Inspiration
We have many friends, family members, and peers in our community who suffer from physical disabilities and blindness. We recognize that this is an overlooked problem, as many who suffer from these health issues suffer in silence without proper tools to help them get around in their daily lives. We understand that oftentimes blind people have trouble locating and moving around, especially without aid, especially those who are disabled as well. Ultimately, we wanted to aid all these people by utilizing our machine learning, hardware, and web app development abilities to create an accessible smart wheelchair to cut costs, make them feel integrated and independent in society, and increase mobility!
What it does
Our wheelchair uses machine learning to detect people and follow them. Essentially, the wheelchair will automatically follow a person from one point to another. The machine learning model has an accuracy of 97%, and it is also able to be manually controlled by an online web app if needed.
How we built it
We utilized a Flask web server to connect our machine learning system to the Raspberry Pi. The Raspberry Pi controls the servos and the webcam. The webcam will take a picture of the person it is following and send it to the web server. The web server runs the ML and will detect the person. This is where the more complicated part of the program. The program will return the midline of the person detected, and it will return the midline of the image. The point here is to center the person in the image, so we figure out which way to move the wheelchair to center the person on the image. The Pi does this by moving the wheelchair until the person is considered centered. Then, the Pi moves forward for 3 seconds and repeats the centering process again.
Challenges we ran into
We plugged the servos into the wrong GPIO pins on the Raspberry Pi which caused much pain and headache for us, but we eventually solved it.

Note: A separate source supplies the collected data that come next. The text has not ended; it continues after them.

-- ===== src/History/TimerProcessor/Recovery.antt =====
-- history/internal/service/timer_processor.go: a pass of the scavenger and the next look for expired
-- timers.
use mini_workflow.Prelude.{
  ℕ, zero, suc, ◌≤◌, take, ◌≡◌, refl, sym, ap, ◌∙◌, subst, String, Bool, true, not, ◌&&◌, none,
  some, List, [], ◌∷◌, arith, length, keep, str_eq, Bool-cases, inl, inr,
}
use mini_workflow.Prelude.Int.{ℤ, pos, ltz, unix_milli, ◌+ℤ◌}
use mini_workflow.History.Models.{Uuid, Timer}
use mini_workflow.History.Backend.{Backend}
use mini_workflow.History.Postgres.{find_timer}
use mini_workflow.History.Postgres.Timers.{get_non_fired_timers, order_by_time}
use mini_workflow.History.TimerStore.{Entry, is_expired, is_in, claim_expired}
use mini_workflow.History.TimerStore.Claims.{score_of}
use mini_workflow.History.TimerStore.Schedule.{rebuilt-set_to}
use mini_workflow.History.Postgres.TimerRows.{IsKeyed}
use mini_workflow.History.TimerStore.Due.{
  find_timer-keep, keep-IsKeyed, order_by_time-lem, set_to-find,
}
use mini_workflow.History.World.{World, Env}
use mini_workflow.History.TimerProcessor.Claimed.{Answers, fires_claimed}
use mini_workflow.History.TimerProcessor.Rounds.{scavenge-db}
use mini_workflow.History.TimerProcessor.Loop.{process_expired, scavenge, hour, timer_batch_size}

some-inj : {A : Type 0} {x y : A} → some x ≡ some y → x ≡ y
some-inj h = cc h

take-short : {A : Type 0} (n : ℕ) (xs : List A) → length xs ≤ n → take n xs ≡ xs
take-short zero [] h = refl
take-short zero (x ∷ xs) h = absurd (omega arith)
take-short (suc n) [] h = refl
take-short (suc n) (x ∷ xs) h = ap (λ l. x ∷ l) (take-short n xs (omega arith))

module _ ⦃b : Backend⦄ where
  abbrev pub has_not_fired : ℤ → Timer → Bool
  has_not_fired up_to t = not t.is_fired && not (ltz up_to t.fire_time)

  -- After the scavenger the set of Redis has the timer, at the time that the database has.
  pub scavenge-score_of :
      (env : Env) (w : World) (id : Uuid) (t : Timer)
      → env.db_fault 0 ≡ none
      → ((k : ℕ) → env.redis_fault 0 k ≡ none)
      → IsKeyed w.db.timers
      → find_timer id w.db.timers ≡ some t
      → has_not_fired (env.time 0 +ℤ hour) t ≡ true
      → score_of (b.print_uuid id) (scavenge env w).timer_store.active
        ≡ some (unix_milli t.fire_time)
  unfolding scavenge get_non_fired_timers
  scavenge-score_of env w id t up redis keyed found early =
      let rows = keep (has_not_fired (env.time 0 +ℤ hour)) w.db.timers in
      let kept = keep-IsKeyed (has_not_fired (env.time 0 +ℤ hour)) w.db.timers keyed in
      let (ordered, same) = order_by_time-lem rows kept in
      rw up (
        rebuilt-set_to (env.redis_fault 0) (b.print_uuid id) (order_by_time rows) w.timer_store
          redis
        ∙ set_to-find id (order_by_time rows) _ t ordered (
            same id
            ∙ find_timer-keep (has_not_fired (env.time 0 +ℤ hour)) id w.db.timers t found early))

  -- A claim that has room takes every timer that has expired.
  is_in-expired :
      (now : ℤ) (m : String) (rows : List Entry) (at : ℤ)
      → score_of m rows ≡ some at
      → is_expired now (record { score = at; member = m }) ≡ true
      → is_in m (keep (is_expired now) rows) ≡ true
  unfolding score_of is_in
  is_in-expired now m [] at found late = cc
  is_in-expired now m (e ∷ rest) at found late = elim (Bool-cases (str_eq e.member m)) [
    | inl own ↦
        let same : e.score ≡ at = some-inj (rw own at found) in
        let it : is_expired now e ≡ true =
          subst (λ s. (not (ltz s (pos 0)) && not (ltz now s)) ≡ true) (sym same) late in
        rw it (rw own refl)
    | inr other ↦
        let later = is_in-expired now m rest at (rw other at found) late in
        elim (Bool-cases (is_expired now e)) [
          | inl taken ↦ rw taken (rw other later)
          | inr left ↦ rw left later
        ]
  ]

  module _ (id : Uuid) (t : Timer) where
    -- A timer that is due, and that the database holds as not fired, is marked as fired by a look for
    -- expired timers that follows a pass of the scavenger, whatever Redis held of it before, when the
    -- commands of both answer and at most ten of the timers in Redis have expired.
    pub scavenge-process_expired :
        (scavenge_env claim_env : Env) (envs : ℕ → Env) (w : World)
        → scavenge_env.db_fault 0 ≡ none
        → ((k : ℕ) → scavenge_env.redis_fault 0 k ≡ none)
        → claim_env.redis_fault 0 0 ≡ none
        → ((k : ℕ) → Answers (envs k))
        → IsKeyed w.db.timers
        → find_timer id w.db.timers ≡ some t
        → has_not_fired (scavenge_env.time 0 +ℤ hour) t ≡ true
        → is_expired
            (unix_milli (claim_env.time 0))
            (record { score = unix_milli t.fire_time; member = b.print_uuid id })
          ≡ true
        → length (
            keep
              (is_expired (unix_milli (claim_env.time 0)))
              (scavenge scavenge_env w).timer_store.active)
          ≤ timer_batch_size
        → find_timer id (process_expired claim_env envs (scavenge scavenge_env w)).db.timers
          ≡ some (record t { is_fired = true })
    unfolding process_expired claim_expired
    scavenge-process_expired scavenge_env claim_env envs w up redis claim answers keyed found early
          late room =
        let now = unix_milli (claim_env.time 0) in
        let w' = scavenge scavenge_env w in
        let expired = keep (is_expired now) w'.timer_store.active in
        let claimed_it =
          is_in-expired now (b.print_uuid id) w'.timer_store.active (unix_milli t.fire_time)
            (scavenge-score_of scavenge_env w id t up redis keyed found early) late in
        rw (claim, take-short timer_batch_size expired room)
          (fires_claimed id t envs expired t.is_fired _ answers
            (ap (find_timer id) (ap (λ d. d.timers) (scavenge-db scavenge_env w)) ∙ found)
            claimed_it)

Furthermore, we struggled with ML in the beginning because there were so many implementations of YoloV3 and it was hard to choose a suitable one, but in the end, we did. It was also quite hard to modify and refine a fitting model for our project. We ultimately also struggled with battery issues.
Accomplishments that we're proud of
We are proud that we finally were able to put together all of the hardware pieces together. We continuously ran into issues with the battery, power source, webcam, and the servos. In addition, we proud that we were able to refine the ML model and fit it to our project to a 97% accuracy to ensure the best user experience and performance for our users. Finally, we are proud that we came up with the idea of an online accessible web app to control the movement of the wheelchair.
What we learned
We learned a lot more about incorporating and refining Machine Learning models and running continuous servos with Raspberry Pis. We also were able to gain more UI experience and Web app skills with our creation of a web app controller.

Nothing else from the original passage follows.